New Grant for the Wisconsin Longitudinal Study

The NIH funded new research that will track the progression of dementia in the Wisconsin Longitudinal Study. The project, led by Sanjay Asthana, (CDHA affiliate; medicine) and Pamela Herd (external CDHA affiliate; Georgetown) will clarify the influence of the early life period on dementia risk, as well as adult behaviors that can offset the risk of both Alzheimer’s  Disease and non-Alzheimer’s Disease dementia.



National Institute on Aging

Grant Number

R01 AG060737-01

Principal Investigators

Sanjay Asthana | University of Wisconsin–Madison | Department of Medicine
Pamela Herd | Georgetown University | McCourt School of Public Policy


There is a robust consensus, most recently articulated by the 2017 Lancet Commission, that the roots of dementia—and thus the possibility for prevention of dementia—can be traced back to early life. Yet, the influence of the early life period on dementia risk, as well as adult behaviors that can offset that risk, remains poorly understood. There is a lack of longitudinal studies with richly characterized full life course measures of genetic, cognitive, geographic, socioeconomic, educational and behavioral factors.

Rooted in life course epidemiology, this project aims to help clarify biological and behavioral processes that operate across the life course to influence dementia risk. Key to this framework is the critical influence of early life. Findings from this study could have important public policy and public health implications by providing evidence as to how, especially, early life socioeconomic conditions and adult modifiable behaviors can alter the risk for AD/ADRD.

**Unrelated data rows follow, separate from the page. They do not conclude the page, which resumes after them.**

-- ===== src/ContextWarning/Signature.antt =====
-- The signature of a session tells it from all others.
use playground_azure_user_sy.Prelude.{
  Bool, true, false, not, ◌&&◌, [], ◌∷◌, ◌++◌, ◌==◌, ℕ_eq, ==_iff, ==_self, ◌≡◌, ◌↔◌, refl, sym,
  ap₂, ◌∙◌, arith,
}
use playground_azure_user_sy.ContextWarning.{Text, same_signature, Session, generate_signature}

pub same_signature_self : (s : Text) → same_signature s s ≡ true
same_signature_self [] = refl
same_signature_self (c ∷ s) = rw (==_self c) (same_signature_self s)

both : (a b : Bool) → (a && b) ≡ true → (a ≡ true) × (b ≡ true)
both true b h = (refl, h)
both false b h = ground arith

pub same_signature→eq : (s t : Text) → same_signature s t ≡ true → s ≡ t
same_signature→eq [] [] h = refl
same_signature→eq [] (d ∷ t) h = ground arith
same_signature→eq (c ∷ s) [] h = ground arith
same_signature→eq (c ∷ s) (d ∷ t) h =
    let (h₁, h₂) = both (c == d) (same_signature s t) h in
    ap₂ ◌∷◌ ((==_iff c d).0 h₁) (same_signature→eq s t h₂)

-- No comma.
abbrev is_plain : Text → Bool
is_plain [] = true
is_plain (c ∷ s) = not (c == 44) && is_plain s

same-parts :
    (u v d e : Text)
    → is_plain u ≡ true
    → is_plain v ≡ true
    → same_signature (u ++ 44 ∷ d) (v ++ 44 ∷ e) ≡ true
    → (u ≡ v) × (d ≡ e)
same-parts [] [] d e h k s = (refl, same_signature→eq d e s)
same-parts [] (c ∷ v) d e h k s = ground (arith, ==_iff c 44)
same-parts (c ∷ u) [] d e h k s = ground (arith, ==_iff c 44)
same-parts (b ∷ u) (c ∷ v) d e h k s =
    let (_, h') = both (not (b == 44)) (is_plain u) h in
    let (_, k') = both (not (c == 44)) (is_plain v) k in
    let (q, s') = both (b == c) (same_signature (u ++ 44 ∷ d) (v ++ 44 ∷ e)) s in
    let (p, r) = same-parts u v d e h' k' s' in (ap₂ ◌∷◌ ((==_iff b c).0 q) p, r)

-- Two sessions whose user ids have no comma have the same signature exactly if they have the same
-- user and the same database.
same_signature-sessions :
    (s t : Session)
    → is_plain s.uid ≡ true
    → is_plain t.uid ≡ true
    → (same_signature (generate_signature s) (generate_signature t) ≡ true)
      ↔ ((s.uid ≡ t.uid) × (s.db ≡ t.db))
unfolding generate_signature
same_signature-sessions s t h k = (
  same-parts s.uid t.uid s.db t.db h k,
  λ (p, q).
      ap₂ (λ u d. same_signature (s.uid ++ 44 ∷ s.db) (u ++ 44 ∷ d)) (sym p) (sym q)
      ∙ same_signature_self (s.uid ++ 44 ∷ s.db),
)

Consequently, the study aims are as follows:

  • Aim 1: Track the progression of dementia across cognitive phenotypes (normal, AD dementia, non-AD dementia), including the use of rigorous AD diagnostic protocols, in the Wisconsin Longitudinal Study (WLS), a 60 year longitudinal study. Participants will be in their late 70s at baseline.
  • Aim 2: Test the role of early life disadvantage/advantage on the risk for AD/ADRD in later life. In particular, we will test how persistent socioeconomic disadvantage in childhood, lower levels of cognitive functioning, and living in rural communities influence the risk for AD/ADRD in later life. The measures available in the WLS to capture these early life factors are unparalleled in existing dementia studies.
  • Aim 3: Test whether early life disadvantage may be offset by adult behavioral protective factors. Can subsequent educational attainment, even when gained in ones 30s and 40s, and engagement in healthy behaviors (e.g. not smoking, maintaining a normal weight, and engaging in exercise), offset early life disadvantages such as lower levels of cognitive functioning and growing up socioeconomically disadvantaged? Sibling models, a unique feature of these data, will provide a mechanism to partially address potential genetic and familial environment confounders. We will also test how these adult behaviors mediate the relationship between sex and AD/ADRD.
  • Aim 4: Test whether adolescent IQ and educational attainment moderate genetic risk for AD/ADRD.
  • Aim 5: We will create a public good: a data resource that can facilitate cutting edge dementia research. All researchers-via our website- will have access to all the data WLS has to offer—this includes all phenotypic and genetic data.

The findings from these aims will provide supporting evidence for policy and individual-level interventions that could modify the risk for AD/ADRD.